Трудно сказать, почему Франческу Замбелло и тогда так любило, и сейчас так «горячо» любит руководство Большого театра: это вопрос типично кулуарного свойства, до чего нам вовсе нет никакого дела. Ясно одно: из огромной плеяды современных режиссеров музыкального театра эта американка с итальянскими именем и фамилией предстает, в целом, достаточно здравомыслящим художником, а известные «перегибы» в ее режиссуре если и случаются порой, то носят, скорее «безобидно-тактический», а не «наступательно-стратегический» характер. Так, забегая вперед, следует сказать, что постановка «Огненного ангела» при всем ее современном переосмыслении и явной визуальной «чернухе», пронизана какой-то неосознанно располагающей иллюстративной наивностью.

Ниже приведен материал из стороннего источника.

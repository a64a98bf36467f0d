-- ===== src/Plan/Resolve.antt =====
-- src/plan_lineage.go: what a step's inputs are when it runs.
use autonomy.Base.{List, [], ◌∷◌, Option, none, some, if◌then◌else◌, Result, ok, err}
use autonomy.Text.{Str, str_eq, is_blank, join}
use autonomy.Dict.{Dict, lookup, put}
use autonomy.Decision.{StepInput, is_binding}
use autonomy.Plan.Source.{InputSource, step, world, state_field, kind_field, parse_input_source}
use autonomy.Plan.World.{
  Asset, Assets, ActionResult, ResolveError, unreadable, not_reported, reported_empty,
  produced_nothing, no_world_model, no_such_asset, no_such_field,
}
use autonomy.Plan.Lineage.{input_at, sorted_input_keys}

-- The first record of a step's name; `stepOutputByName` of src/verification.go is the same loop.
unfoldable pub record_named : Str → List ActionResult → Option ActionResult
record_named name [] = none
record_named name (r ∷ rs) = if str_eq r.step_name name then some r else record_named name rs

abbrev pub read_field : Asset → Str → Result ResolveError Str
read_field asset field =
    if str_eq field state_field
    then ok asset.state
    else if str_eq field kind_field
    then ok asset.kind
    else err (no_such_field field)

-- `worldValue`: the parts of the id, and the field.
unfoldable pub world_value : Assets → List Str → Str → Result ResolveError Str
world_value none id field = err no_world_model
world_value (some assets) id field = elim (lookup (join b'.' id) assets) [
  | none ↦ err (no_such_asset (join b'.' id))
  | some asset ↦ read_field asset field
]

-- A step's output under a key.
unfoldable pub output_value : ActionResult → Str → Result ResolveError Str
output_value r key = elim (lookup key r.output) [
  | none ↦ err (not_reported r.step_name key)
  | some value ↦ if is_blank value then err (reported_empty r.step_name key) else ok value
]

unfoldable pub step_value : Str → Str → List ActionResult → Result ResolveError Str
step_value name key prior = elim (record_named name prior) [
  | none ↦ err (produced_nothing name)
  | some r ↦ output_value r key
]

-- The `switch` on what a binding names.
unfoldable pub parsed_value :
    Assets → List ActionResult → Str → Option InputSource → Result ResolveError Str
parsed_value assets prior raw none = err (unreadable raw)
parsed_value assets prior raw (some (step name key)) = step_value name key prior
parsed_value assets prior raw (some (world id field)) = world_value assets id field

unfoldable pub resolve_input_source : Assets → List ActionResult → Str → Result ResolveError Str
resolve_input_source assets prior raw = parsed_value assets prior raw (parse_input_source raw)

unfoldable pub resolve_input : Assets → List ActionResult → StepInput → Result ResolveError Str
resolve_input assets prior i =
    if is_binding i then resolve_input_source assets prior i.source else ok i.literal

-- The loop of `resolveStepInputs`, with the key that an error names.
unfoldable pub resolve_keys :
    Assets
    → List ActionResult
    → Dict StepInput
    → List Str
    → Dict Str
    → Result (Str × ResolveError) (Dict Str)
resolve_keys assets prior inputs [] out = ok out
resolve_keys assets prior inputs (key ∷ ks) out =
    elim (resolve_input assets prior (input_at inputs key)) [
      | err e ↦ err (key, e)
      | ok value ↦ resolve_keys assets prior inputs ks (put key value out)
    ]

unfoldable pub resolve_step_inputs :
    Assets → List ActionResult → Dict StepInput → Result (Str × ResolveError) (Dict Str)
resolve_step_inputs assets prior inputs =
    resolve_keys assets prior inputs (sorted_input_keys inputs) []
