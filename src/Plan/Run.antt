-- ===== src/Plan/Run.antt =====
-- src/action.go and the loop of `executePlan` in src/runtime.go: a plan's steps, run in order. The
-- rows that the runtime writes of them (`recordStep`) are the records that the loop returns.
pub mod Records
pub mod Safe
pub mod Progress
use autonomy.Base.{
  ℕ, ◌+◌, Bool, true, false, not, ◌||◌, List, [], ◌∷◌, ◌++◌, Option, none, some, if◌then◌else◌,
  is_nil, Result, ok, err,
}
use autonomy.Text.{Str, codes, trim_space, is_blank, canonical}
use autonomy.Dict.{Dict, lookup, put}
use autonomy.Decision.{CapabilityAction, Action, absent, nothing, calls}
use autonomy.Plan.Capability.{Capability, Factory, get, declared_inputs_of, field_accepts}
use autonomy.Plan.World.{
  Assets, ActionResult, ActionError, factory_not_ready, unknown_capability, unresolved_input,
  run_failed,
}
use autonomy.Plan.Resolve.{resolve_step_inputs}

abbrev pub task_id_key : Str
task_id_key = codes "task_id"

-- The part of `DecisionContext` that an action reads: the id of the task, if there is one.
abbrev pub Task : Type 0
Task = Option Str

-- What lies outside the program, a `W`, with the World Model in it.
module _ {W : Type 0} (assets_of : W → Assets) (f : Option (Factory W)) where
  -- `in["task_id"] != ""`.
  unfoldable pub has_task_id : Dict Str → Bool
  has_task_id values = elim (lookup task_id_key values) [ none ↦ false | some v ↦ not (is_nil v) ]

  unfoldable pub fill_task_id : Str → Task → Dict Str → Dict Str
  fill_task_id name none values = values
  fill_task_id name (some id) values =
      if is_blank id || has_task_id values then values else elim (declared_inputs_of f name) [
        | none ↦ values
        | some fields ↦
            if field_accepts fields task_id_key then put task_id_key id values else values
      ]

  abbrev pub blank_record : CapabilityAction → ActionResult
  blank_record a = record {
    capability = canonical a.name;
    step_name = trim_space a.step_name;
    input = [];
    output = [];
    error = none;
    expected_effect = a.expected_effect;
    evidence_refs = a.evidence_refs;
  }

  abbrev pub failed : CapabilityAction → ActionError → ActionResult
  failed a e = record (blank_record a) { error = some e }

  abbrev pub as_error : Option Str → Option ActionError
  as_error none = none
  as_error (some e) = some (run_failed e)

  -- The call of a capability with its values.
  unfoldable pub call_capability : CapabilityAction → Capability W → Dict Str → W → ActionResult × W
  call_capability a c values w =
      let (out, e, w') = c.run values w in
      (record (blank_record a) { input = values; output = out; error = as_error e }, w')

  unfoldable pub run_capability :
      CapabilityAction → Capability W → Task → List ActionResult → W → ActionResult × W
  run_capability a c task prior w = elim (resolve_step_inputs (assets_of w) prior a.inputs) [
    | err (key, e) ↦ (failed a (unresolved_input key e), w)
    | ok values ↦ call_capability a c (fill_task_id (canonical a.name) task values) w
  ]

  -- `CapabilityAction.Execute`. The error is in the record, where the loop puts it.
  unfoldable pub execute_capability :
      CapabilityAction → Option (Factory W) → Task → List ActionResult → W → ActionResult × W
  execute_capability a none task prior w = (failed a factory_not_ready, w)
  execute_capability a (some g) task prior w = elim (get (canonical a.name) g) [
    | none ↦ (failed a (unknown_capability a.name), w)
    | some c ↦ run_capability a c task prior w
  ]

  -- `NothingAction.Execute`.
  abbrev pub nothing_record : Str → ActionResult
  nothing_record reason = record {
    capability = codes "nothing";
    step_name = [];
    input = [];
    output = if is_blank reason then [] else (codes "reason", trim_space reason) ∷ [];
    error = none;
    expected_effect = [];
    evidence_refs = [];
  }

  -- One round's action: `none` for a nil action, which the loop skips.
  unfoldable pub execute : Action → Task → List ActionResult → W → Option (ActionResult × W)
  execute absent task prior w = none
  execute (nothing reason) task prior w = some (nothing_record reason, w)
  execute (calls a) task prior w = some (execute_capability a f task prior w)

  -- The loop of `executePlan`: `prior` are the records so far. It stops at the first that failed.
  unfoldable pub run_actions :
      Task → List ActionResult → List Action → W → List ActionResult × Option ActionError × W
  run_actions task prior [] w = (prior, none, w)
  run_actions task prior (a ∷ actions) w = elim (execute a task prior w) [
    | none ↦ run_actions task prior actions w
    | some (r, w') ↦ elim r.error [
      | some e ↦ (prior ++ r ∷ [], some e, w')
      | none ↦ run_actions task (prior ++ r ∷ []) actions w'
    ]
  ]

Если в конце января постановка «Турандот» Франченки Замбелло вернулась на родные подмостки, успев «закрутить роман» и с Новой сценой Большого, то «изменить» Основной сцене «Огненному ангелу» было не суждено. Возобновление названной оперы Прокофьева состоялось в начале февраля. На этот раз в блоке «stagione по-русски» было четыре представления. Мой выбор пал на второй спектакль, так как из всей четверки только в нем в партии Рупрехта был анонсирован давно не появлявшийся в Москве Борис Стаценко, на мой взгляд, замечательный певец, которого мне очень хотелось послушать и который в этом спектакле мои ожидания полностью оправдал.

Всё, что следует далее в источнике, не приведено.